------ Dataset entries ------

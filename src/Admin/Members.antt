-- ===== src/Admin/Members.antt =====
-- A body that is accepted is one object, with the members that the request needs.
use asio_owen.Prelude.{
  ℕ, suc, zero, Bool, true, false, List, [], ◌∷◌, if◌then◌else◌, Option, some, none, Bytes,
  is_empty, length, map, In, here, there, All, ◌≡◌, ◌⊎◌, inl, inr, refl, sym, ap, subst, ◌∙◌,
}
use asio_owen.Admin.Json.{
  Parsed, parsed, refused, unfinished, and_then, or_fail, skip_ws, consume, expect, parse_string,
}
use asio_owen.Admin.Values.{object_loop}
use asio_owen.Admin.Requests.{parse_body}

-- Members that are read one after another, with a comma between them and perhaps behind the last, up
-- to the brace that closes the object: from a text, by way of the keys, to what was gathered and to
-- the text behind the brace.
pub data Members {R : Type 0} (field : Bytes → R → Bytes → Parsed R)
    : R → Bytes → List Bytes → R → Bytes → Type 0 where
  closed : {r : R} {s rest : Bytes} → consume b'}' s ≡ some rest → Members field r s [] r rest
  last :
      {r q : R} {s t u v rest key : Bytes}
      → parse_string s ≡ parsed key t
      → consume b':' t ≡ some u
      → field key r u ≡ parsed q v
      → consume b'}' v ≡ some rest
      → Members field r s (key ∷ []) q rest
  more :
      {r q z : R} {s t u v w rest key : Bytes} {keys : List Bytes}
      → parse_string s ≡ parsed key t
      → consume b':' t ≡ some u
      → field key r u ≡ parsed q v
      → consume b',' v ≡ some w
      → Members field q w keys z rest
      → Members field r s (key ∷ keys) z rest

and_then-eq :
    {A B : Type 0} (p : Parsed A) (next : A → Bytes → Parsed B) {b : B} {rest : Bytes}
    → and_then p next ≡ parsed b rest
    → (a : A) × (s : Bytes) × (p ≡ parsed a s) × (next a s ≡ parsed b rest)
and_then-eq (parsed a s) next h = (a, s, refl, h)
and_then-eq (refused e) next h = cc
and_then-eq unfinished next h = cc

or_fail-eq :
    {A : Type 0} (e : Bytes) (p : Parsed A) {a : A} {s : Bytes}
    → or_fail e p ≡ parsed a s
    → p ≡ parsed a s
or_fail-eq e (parsed a s) h = h
or_fail-eq e (refused f) h = cc
or_fail-eq e unfinished h = cc

-- Whether a character is there.
consume-way :
    {A : Type 0} (c : ℕ) (s : Bytes) (p : Parsed A) (next : Bytes → Parsed A) {a : A} {rest : Bytes}
    → elim (consume c s) [ none ↦ p | some t ↦ next t ] ≡ parsed a rest
    → (p ≡ parsed a rest) ⊎ ((t : Bytes) × (consume c s ≡ some t) × (next t ≡ parsed a rest))
consume-way c s p next {a} {rest} h = way (consume c s) refl h
  where
    way :
        (o : Option Bytes)
        → consume c s ≡ o
        → elim o [ none ↦ p | some t ↦ next t ] ≡ parsed a rest
        → (p ≡ parsed a rest) ⊎ ((t : Bytes) × (consume c s ≡ some t) × (next t ≡ parsed a rest))
    way none e k = inl k
    way (some t) e k = inr (t, e, k)

expect-eq :
    (c : ℕ) (e s : Bytes) {t : Bytes} {x : Unit} → expect c e s ≡ parsed x t → consume c s ≡ some t
unfolding expect
expect-eq c e s {t} {x} h = way (consume c s) refl h
  where
    way :
        (o : Option Bytes)
        → consume c s ≡ o
        → elim o [ none ↦ refused e | some r ↦ parsed tt r ] ≡ parsed x t
        → consume c s ≡ some t
    way none f k = cc
    way (some r) f k = f ∙ cc

pub parsed-injective :
    {A : Type 0} {a b : A} {s t : Bytes} → parsed a s ≡ parsed b t → (a ≡ b) × (s ≡ t)
parsed-injective {a = a} {s = s} h = (ap (value a) h, ap (behind s) h)
  where
    value : {A : Type 0} → A → Parsed A → A
    value a (parsed b t) = b
    value a (refused e) = a
    value a unfinished = a

    behind : {A : Type 0} → Bytes → Parsed A → Bytes
    behind s (parsed b t) = t
    behind s (refused e) = s
    behind s unfinished = s

object_loop-Members :
    {R : Type 0} (fuel : ℕ) (field : Bytes → R → Bytes → Parsed R) (r : R) (s : Bytes) {q : R}
    {rest : Bytes}
    → object_loop fuel field r s ≡ parsed q rest
    → (keys : List Bytes) × Members field r s keys q rest
unfolding object_loop
object_loop-Members zero field r s h = cc
object_loop-Members (suc fuel) field r s {q} {rest} h =
    elim (consume-way b'}' s _ (λ t. parsed r t) h) [
      | inr (t, e, k) ↦
          let (same, behind) = parsed-injective k in
          ([], subst (λ z. Members field r s [] z rest) same (closed (e ∙ ap some behind)))
      | inl k ↦
          let (key, t, e, k1) = and_then-eq (or_fail _ (parse_string s)) _ k in
          let (_, u, f, k2) = and_then-eq (expect b':' _ t) _ k1 in
          let (z, v, g, k3) = and_then-eq (field key r u) _ k2 in
          let key_read = or_fail-eq _ (parse_string s) e in
          let colon = expect-eq b':' _ t f in
          elim (consume-way b',' v _ (λ w. object_loop fuel field z w) k3) [
            | inr (w, c, k4) ↦
                let (keys, members) = object_loop-Members fuel field z w k4 in
                (key ∷ keys, more key_read colon g c members)
            | inl k4 ↦
                let (_, w, c, k5) = and_then-eq (expect b'}' _ v) _ k4 in
                let (same, behind) = parsed-injective k5 in
                (
                  key ∷ [],
                  subst (λ z. Members field r s (key ∷ []) z rest) same
                      (last key_read colon g (expect-eq b'}' _ v c ∙ ap some behind)),
                )
          ]
    ]

-- One object, with nothing behind it but space, that has members with these names. What was gathered
-- from its members, the last one counting where a name stands twice, is the request.
abbrev pub IsObject :
    {R A : Type 0} → (Bytes → R → Bytes → Parsed R) → R → (R → A) → List Bytes → Bytes → A → Type 0
IsObject {R = R} field r request names body a =
    (inside : Bytes) × (keys : List Bytes) × (q : R) × (rest : Bytes) × (consume b'{' body
      ≡ some inside)
    × Members field r inside keys q rest
    × (skip_ws rest ≡ [])
    × (request q ≡ a)
    × All (λ name. In name keys) names

is_empty-nil : (s : Bytes) → is_empty s ≡ true → s ≡ []
is_empty-nil [] h = refl
is_empty-nil (c ∷ s) h = cc

unless-eq :
    {A : Type 0} (b : Bool) (p : Parsed A) (e : Bytes) {a : A} {rest : Bytes}
    → (if b then p else refused e) ≡ parsed a rest
    → (b ≡ true) × (p ≡ parsed a rest)
unless-eq true p e h = (refl, h)
unless-eq false p e h = cc

-- The name of a member that sets a flag.
abbrev pub Flag : Type 0 → Type 0
Flag R = (R → Bool) × Bytes

-- A member sets a flag only if it has its name.
abbrev pub Sets : {R : Type 0} → Flag R → Bytes → R → R → Type 0
Sets f key r q = f.0 q ≡ true → (f.0 r ≡ true) ⊎ (key ≡ f.1)

false-true : false ≡ true → ⊥
false-true h = cc

not_first : {A : Type 0} {b : Bool} → b ≡ false → (b ≡ true) ⊎ A → A
not_first e (inl h) = absurd (false-true (sym e ∙ h))
not_first e (inr a) = a

module _ {R : Type 0} (field : Bytes → R → Bytes → Parsed R) where
  Members-flag :
      (f : Flag R)
      → ((key : Bytes) (r : R) (s : Bytes) (q : R) (v : Bytes)
          → field key r s ≡ parsed q v
          → Sets f key r q)
      → {r q : R} {s rest : Bytes} {keys : List Bytes} → Members field r s keys q rest
      → f.0 q ≡ true
      → (f.0 r ≡ true) ⊎ In f.1 keys
  Members-flag f step (closed e) h = inl h
  Members-flag f step (last {r} {q} {s} {t} {u} {v} {rest} {key} e g k l) h =
      elim (step key r u q v k h) [ inl a ↦ inl a | inr a ↦ inr (here (sym a)) ]
  Members-flag f step (more {r} {q} {z} {s} {t} {u} {v} {w} {rest} {key} e g k l m) h =
      elim (Members-flag f step m h) [
        | inr i ↦ inr (there i)
        | inl a ↦ elim (step key r u q v k a) [ inl b ↦ inl b | inr b ↦ inr (here (sym b)) ]
      ]

  all_named :
      (flags : List (Flag R)) {r q : R} {s rest : Bytes} {keys : List Bytes}
      → ((key : Bytes) (r : R) (s : Bytes) (q : R) (v : Bytes)
          → field key r s ≡ parsed q v
          → All (λ f. Sets f key r q) flags)
      → All (λ f. f.0 r ≡ false) flags
      → Members field r s keys q rest
      → All (λ f. f.0 q ≡ true) flags
      → All (λ name. In name keys) (map (λ f. f.1) flags)
  all_named [] step fresh m set = tt
  all_named (f ∷ flags) step fresh m set = (
    not_first fresh.0 (Members-flag f (λ key r s q v e. (step key r s q v e).0) m set.0),
    all_named flags (λ key r s q v e. (step key r s q v e).1) fresh.1 m set.1,
  )

module _ {R A : Type 0} (field : Bytes → R → Bytes → Parsed R) (request : R → A)
    (finish : R → Parsed A) (flags : List (Flag R)) (first : R)
    (sets : (key : Bytes) (r : R) (s : Bytes) (q : R) (v : Bytes)
      → field key r s ≡ parsed q v
      → All (λ f. Sets f key r q) flags)
    (fresh : All (λ f. f.0 first ≡ false) flags)
    (done : (q : R) (a : A) (rest : Bytes)
      → finish q ≡ parsed a rest
      → (request q ≡ a) × All (λ f. f.0 q ≡ true) flags) where
  pub parse_body-IsObject :
      (body : Bytes) (a : A) (rest : Bytes)
      → parse_body field first finish body ≡ parsed a rest
      → IsObject field first request (map (λ f. f.1) flags) body a
  unfolding parse_body
  parse_body-IsObject body a rest h =
      let (_, inside, e, h1) = and_then-eq (expect b'{' _ body) _ h in
      let (q, behind, g, h2) =
        and_then-eq (object_loop (suc (length inside)) field first inside) _ h1 in
      let (empty, h3) = unless-eq (is_empty (skip_ws behind)) (finish q) _ h2 in
      let (keys, members) = object_loop-Members (suc (length inside)) field first inside g in
      let (same, set) = done q a rest h3 in
      (
        inside,
        keys,
        q,
        behind,
        expect-eq b'{' _ body e,
        members,
        is_empty-nil (skip_ws behind) empty,
        same,
        all_named field flags sets fresh members set,
      )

------

The lines to retype run from the start of the entries through the line containing "v ≡ some rest"; reproduce them exactly and add nothing.

_Result_
filename src/Admin/Members.antt
-- ===== src/Admin/Members.antt =====
-- A body that is accepted is one object, with the members that the request needs.
use asio_owen.Prelude.{
  ℕ, suc, zero, Bool, true, false, List, [], ◌∷◌, if◌then◌else◌, Option, some, none, Bytes,
  is_empty, length, map, In, here, there, All, ◌≡◌, ◌⊎◌, inl, inr, refl, sym, ap, subst, ◌∙◌,
}
use asio_owen.Admin.Json.{
  Parsed, parsed, refused, unfinished, and_then, or_fail, skip_ws, consume, expect, parse_string,
}
use asio_owen.Admin.Values.{object_loop}
use asio_owen.Admin.Requests.{parse_body}

-- Members that are read one after another, with a comma between them and perhaps behind the last, up
-- to the brace that closes the object: from a text, by way of the keys, to what was gathered and to
-- the text behind the brace.
pub data Members {R : Type 0} (field : Bytes → R → Bytes → Parsed R)
    : R → Bytes → List Bytes → R → Bytes → Type 0 where
  closed : {r : R} {s rest : Bytes} → consume b'}' s ≡ some rest → Members field r s [] r rest
  last :
      {r q : R} {s t u v rest key : Bytes}
      → parse_string s ≡ parsed key t
      → consume b':' t ≡ some u
      → field key r u ≡ parsed q v
      → consume b'}' v ≡ some rest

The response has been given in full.